## Problem
Within the lines below, find those that hold the string "tail" and copy each one.

___ Data section

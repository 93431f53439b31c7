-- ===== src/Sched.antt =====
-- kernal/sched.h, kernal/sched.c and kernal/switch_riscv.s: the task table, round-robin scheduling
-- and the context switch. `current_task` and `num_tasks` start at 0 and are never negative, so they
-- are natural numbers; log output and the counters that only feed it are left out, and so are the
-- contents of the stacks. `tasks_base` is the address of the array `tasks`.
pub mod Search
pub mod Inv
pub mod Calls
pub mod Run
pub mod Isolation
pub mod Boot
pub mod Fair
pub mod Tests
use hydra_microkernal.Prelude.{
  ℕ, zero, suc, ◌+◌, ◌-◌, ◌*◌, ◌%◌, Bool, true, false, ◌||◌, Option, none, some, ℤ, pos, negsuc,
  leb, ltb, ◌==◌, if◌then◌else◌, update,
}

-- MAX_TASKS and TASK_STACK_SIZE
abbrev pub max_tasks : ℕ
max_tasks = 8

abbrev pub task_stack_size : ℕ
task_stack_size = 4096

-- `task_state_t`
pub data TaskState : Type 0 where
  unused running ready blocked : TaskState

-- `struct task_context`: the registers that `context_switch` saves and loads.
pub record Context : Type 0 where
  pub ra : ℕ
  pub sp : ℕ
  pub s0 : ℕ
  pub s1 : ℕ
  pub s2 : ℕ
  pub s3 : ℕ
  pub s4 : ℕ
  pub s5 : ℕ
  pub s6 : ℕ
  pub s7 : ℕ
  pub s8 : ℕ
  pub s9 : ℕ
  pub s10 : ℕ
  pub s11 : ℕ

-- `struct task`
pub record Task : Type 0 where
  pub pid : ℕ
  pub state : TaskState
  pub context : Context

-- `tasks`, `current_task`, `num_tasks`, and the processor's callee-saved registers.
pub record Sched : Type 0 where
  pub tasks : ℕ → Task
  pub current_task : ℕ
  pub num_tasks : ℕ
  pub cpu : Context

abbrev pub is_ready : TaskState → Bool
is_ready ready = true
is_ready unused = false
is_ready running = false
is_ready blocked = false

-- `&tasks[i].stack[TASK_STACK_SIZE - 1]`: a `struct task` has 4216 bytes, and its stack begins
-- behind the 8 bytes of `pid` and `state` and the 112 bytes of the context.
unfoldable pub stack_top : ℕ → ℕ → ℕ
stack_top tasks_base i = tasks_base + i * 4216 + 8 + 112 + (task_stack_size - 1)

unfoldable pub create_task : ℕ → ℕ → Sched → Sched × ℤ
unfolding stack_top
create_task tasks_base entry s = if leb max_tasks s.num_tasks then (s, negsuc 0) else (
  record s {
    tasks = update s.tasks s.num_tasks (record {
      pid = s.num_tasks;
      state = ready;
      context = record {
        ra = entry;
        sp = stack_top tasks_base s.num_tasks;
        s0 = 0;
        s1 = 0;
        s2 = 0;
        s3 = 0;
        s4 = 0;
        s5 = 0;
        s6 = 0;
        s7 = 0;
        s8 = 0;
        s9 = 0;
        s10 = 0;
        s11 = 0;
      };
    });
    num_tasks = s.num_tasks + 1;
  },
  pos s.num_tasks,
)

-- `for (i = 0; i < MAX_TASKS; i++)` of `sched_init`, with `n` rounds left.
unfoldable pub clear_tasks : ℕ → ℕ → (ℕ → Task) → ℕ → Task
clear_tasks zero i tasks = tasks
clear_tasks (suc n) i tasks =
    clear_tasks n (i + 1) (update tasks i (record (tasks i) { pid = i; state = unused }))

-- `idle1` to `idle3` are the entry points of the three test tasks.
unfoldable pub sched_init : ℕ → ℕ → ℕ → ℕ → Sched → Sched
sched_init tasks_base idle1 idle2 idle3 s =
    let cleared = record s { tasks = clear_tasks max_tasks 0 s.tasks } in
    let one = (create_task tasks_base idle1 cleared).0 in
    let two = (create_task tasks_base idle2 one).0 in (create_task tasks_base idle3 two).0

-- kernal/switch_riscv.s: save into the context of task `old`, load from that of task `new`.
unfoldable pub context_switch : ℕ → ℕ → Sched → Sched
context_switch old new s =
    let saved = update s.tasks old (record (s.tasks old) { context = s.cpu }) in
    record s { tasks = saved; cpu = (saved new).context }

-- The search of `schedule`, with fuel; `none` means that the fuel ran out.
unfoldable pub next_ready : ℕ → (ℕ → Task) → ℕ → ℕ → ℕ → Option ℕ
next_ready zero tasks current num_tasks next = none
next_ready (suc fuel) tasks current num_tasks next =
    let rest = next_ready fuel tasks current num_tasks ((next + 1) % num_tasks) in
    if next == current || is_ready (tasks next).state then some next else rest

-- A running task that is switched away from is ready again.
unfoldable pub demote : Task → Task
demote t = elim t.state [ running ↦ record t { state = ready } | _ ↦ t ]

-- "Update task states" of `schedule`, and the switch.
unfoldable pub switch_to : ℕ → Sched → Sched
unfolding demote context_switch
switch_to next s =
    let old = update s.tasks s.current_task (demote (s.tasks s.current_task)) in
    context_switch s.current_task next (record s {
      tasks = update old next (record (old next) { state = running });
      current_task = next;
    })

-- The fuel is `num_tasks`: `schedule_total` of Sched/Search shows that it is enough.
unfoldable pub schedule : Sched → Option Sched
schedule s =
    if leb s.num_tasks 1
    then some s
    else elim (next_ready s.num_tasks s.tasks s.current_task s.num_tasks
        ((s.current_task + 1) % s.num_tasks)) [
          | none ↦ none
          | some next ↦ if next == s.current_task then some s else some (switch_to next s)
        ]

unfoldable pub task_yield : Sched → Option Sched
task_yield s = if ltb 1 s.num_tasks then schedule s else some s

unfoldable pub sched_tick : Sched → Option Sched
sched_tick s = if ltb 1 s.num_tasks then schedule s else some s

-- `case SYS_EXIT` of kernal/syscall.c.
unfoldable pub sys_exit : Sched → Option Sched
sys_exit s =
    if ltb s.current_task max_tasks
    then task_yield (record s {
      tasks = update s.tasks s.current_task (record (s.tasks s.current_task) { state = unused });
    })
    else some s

______
___ Data section

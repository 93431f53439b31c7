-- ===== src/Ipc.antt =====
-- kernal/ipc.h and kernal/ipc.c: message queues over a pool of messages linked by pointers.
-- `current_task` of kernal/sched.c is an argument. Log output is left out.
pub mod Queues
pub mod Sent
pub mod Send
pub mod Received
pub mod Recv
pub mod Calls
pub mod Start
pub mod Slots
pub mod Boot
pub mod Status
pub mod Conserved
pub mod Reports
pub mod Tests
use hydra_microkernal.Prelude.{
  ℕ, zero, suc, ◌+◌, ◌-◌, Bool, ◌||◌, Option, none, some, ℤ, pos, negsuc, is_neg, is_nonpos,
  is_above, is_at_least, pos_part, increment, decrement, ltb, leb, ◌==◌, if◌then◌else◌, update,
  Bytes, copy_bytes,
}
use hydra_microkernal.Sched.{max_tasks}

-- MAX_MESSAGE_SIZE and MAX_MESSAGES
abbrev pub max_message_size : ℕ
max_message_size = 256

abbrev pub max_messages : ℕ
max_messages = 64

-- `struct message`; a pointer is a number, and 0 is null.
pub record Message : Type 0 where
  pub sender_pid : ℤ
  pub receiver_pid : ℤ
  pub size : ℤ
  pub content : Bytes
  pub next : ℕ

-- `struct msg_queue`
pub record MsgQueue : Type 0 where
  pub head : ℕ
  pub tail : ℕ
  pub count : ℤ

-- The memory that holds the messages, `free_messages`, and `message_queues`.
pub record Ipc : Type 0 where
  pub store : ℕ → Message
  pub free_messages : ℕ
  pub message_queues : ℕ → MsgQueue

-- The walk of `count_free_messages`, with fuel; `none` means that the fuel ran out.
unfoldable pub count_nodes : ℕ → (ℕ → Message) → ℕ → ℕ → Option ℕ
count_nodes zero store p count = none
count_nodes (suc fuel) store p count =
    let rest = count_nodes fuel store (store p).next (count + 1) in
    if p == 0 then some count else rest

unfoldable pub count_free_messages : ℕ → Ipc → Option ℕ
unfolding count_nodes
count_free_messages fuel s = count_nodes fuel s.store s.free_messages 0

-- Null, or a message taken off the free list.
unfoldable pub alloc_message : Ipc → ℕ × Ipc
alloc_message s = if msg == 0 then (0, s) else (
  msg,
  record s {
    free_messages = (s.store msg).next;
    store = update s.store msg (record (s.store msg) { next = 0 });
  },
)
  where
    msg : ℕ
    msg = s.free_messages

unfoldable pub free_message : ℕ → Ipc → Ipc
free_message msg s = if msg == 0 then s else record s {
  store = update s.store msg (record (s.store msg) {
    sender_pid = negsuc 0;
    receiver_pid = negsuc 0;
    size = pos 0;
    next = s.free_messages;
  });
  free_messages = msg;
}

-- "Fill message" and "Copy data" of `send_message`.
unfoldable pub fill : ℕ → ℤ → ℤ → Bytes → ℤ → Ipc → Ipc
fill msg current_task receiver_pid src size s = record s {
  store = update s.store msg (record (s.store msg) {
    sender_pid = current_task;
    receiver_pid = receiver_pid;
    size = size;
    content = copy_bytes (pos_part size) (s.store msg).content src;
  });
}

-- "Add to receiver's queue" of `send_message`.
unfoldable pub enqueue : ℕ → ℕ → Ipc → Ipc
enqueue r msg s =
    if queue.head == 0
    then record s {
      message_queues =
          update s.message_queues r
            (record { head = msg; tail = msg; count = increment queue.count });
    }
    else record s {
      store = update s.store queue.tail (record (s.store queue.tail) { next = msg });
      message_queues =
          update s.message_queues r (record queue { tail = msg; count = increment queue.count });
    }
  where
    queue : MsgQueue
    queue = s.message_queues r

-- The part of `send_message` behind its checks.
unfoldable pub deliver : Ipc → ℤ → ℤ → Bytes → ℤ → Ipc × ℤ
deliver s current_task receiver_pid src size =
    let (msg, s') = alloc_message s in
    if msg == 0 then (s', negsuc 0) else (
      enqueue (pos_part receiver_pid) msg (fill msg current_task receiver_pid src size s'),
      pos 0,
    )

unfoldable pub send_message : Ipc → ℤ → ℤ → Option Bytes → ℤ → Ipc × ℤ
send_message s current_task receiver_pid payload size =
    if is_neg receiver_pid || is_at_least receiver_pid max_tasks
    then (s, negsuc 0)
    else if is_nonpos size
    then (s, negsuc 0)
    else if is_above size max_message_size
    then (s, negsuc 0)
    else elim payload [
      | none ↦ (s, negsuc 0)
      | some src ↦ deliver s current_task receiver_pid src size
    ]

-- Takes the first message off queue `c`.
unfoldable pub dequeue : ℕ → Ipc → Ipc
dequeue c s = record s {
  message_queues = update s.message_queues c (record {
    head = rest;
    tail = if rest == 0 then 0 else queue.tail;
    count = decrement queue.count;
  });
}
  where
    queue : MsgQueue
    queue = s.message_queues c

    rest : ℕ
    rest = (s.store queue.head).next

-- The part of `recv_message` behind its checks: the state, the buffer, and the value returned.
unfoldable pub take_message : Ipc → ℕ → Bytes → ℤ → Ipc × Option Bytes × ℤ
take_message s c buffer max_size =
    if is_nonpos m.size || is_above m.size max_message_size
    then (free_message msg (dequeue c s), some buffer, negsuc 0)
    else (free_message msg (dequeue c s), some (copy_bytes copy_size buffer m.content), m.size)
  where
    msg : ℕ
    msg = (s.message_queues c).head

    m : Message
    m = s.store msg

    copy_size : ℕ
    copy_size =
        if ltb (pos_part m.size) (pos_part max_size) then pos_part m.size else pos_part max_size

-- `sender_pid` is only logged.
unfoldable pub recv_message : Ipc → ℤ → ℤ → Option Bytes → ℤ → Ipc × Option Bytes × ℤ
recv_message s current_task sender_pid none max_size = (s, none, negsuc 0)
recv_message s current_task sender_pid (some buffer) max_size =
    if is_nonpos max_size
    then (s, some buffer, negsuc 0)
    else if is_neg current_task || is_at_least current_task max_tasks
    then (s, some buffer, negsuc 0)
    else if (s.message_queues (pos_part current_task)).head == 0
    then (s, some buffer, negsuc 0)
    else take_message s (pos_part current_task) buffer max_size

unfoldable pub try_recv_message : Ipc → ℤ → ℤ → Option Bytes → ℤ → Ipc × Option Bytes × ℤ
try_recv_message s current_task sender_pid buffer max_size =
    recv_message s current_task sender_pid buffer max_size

______

## Finished task
  pub tail : ℕ
            (record { head = msg; tail = msg; count = increment queue.count });
      store = update s.store queue.tail (record (s.store queue.tail) { next = msg });
          update s.message_queues r (record queue { tail = msg; count = increment queue.count });
    tail = if rest == 0 then 0 else queue.tail;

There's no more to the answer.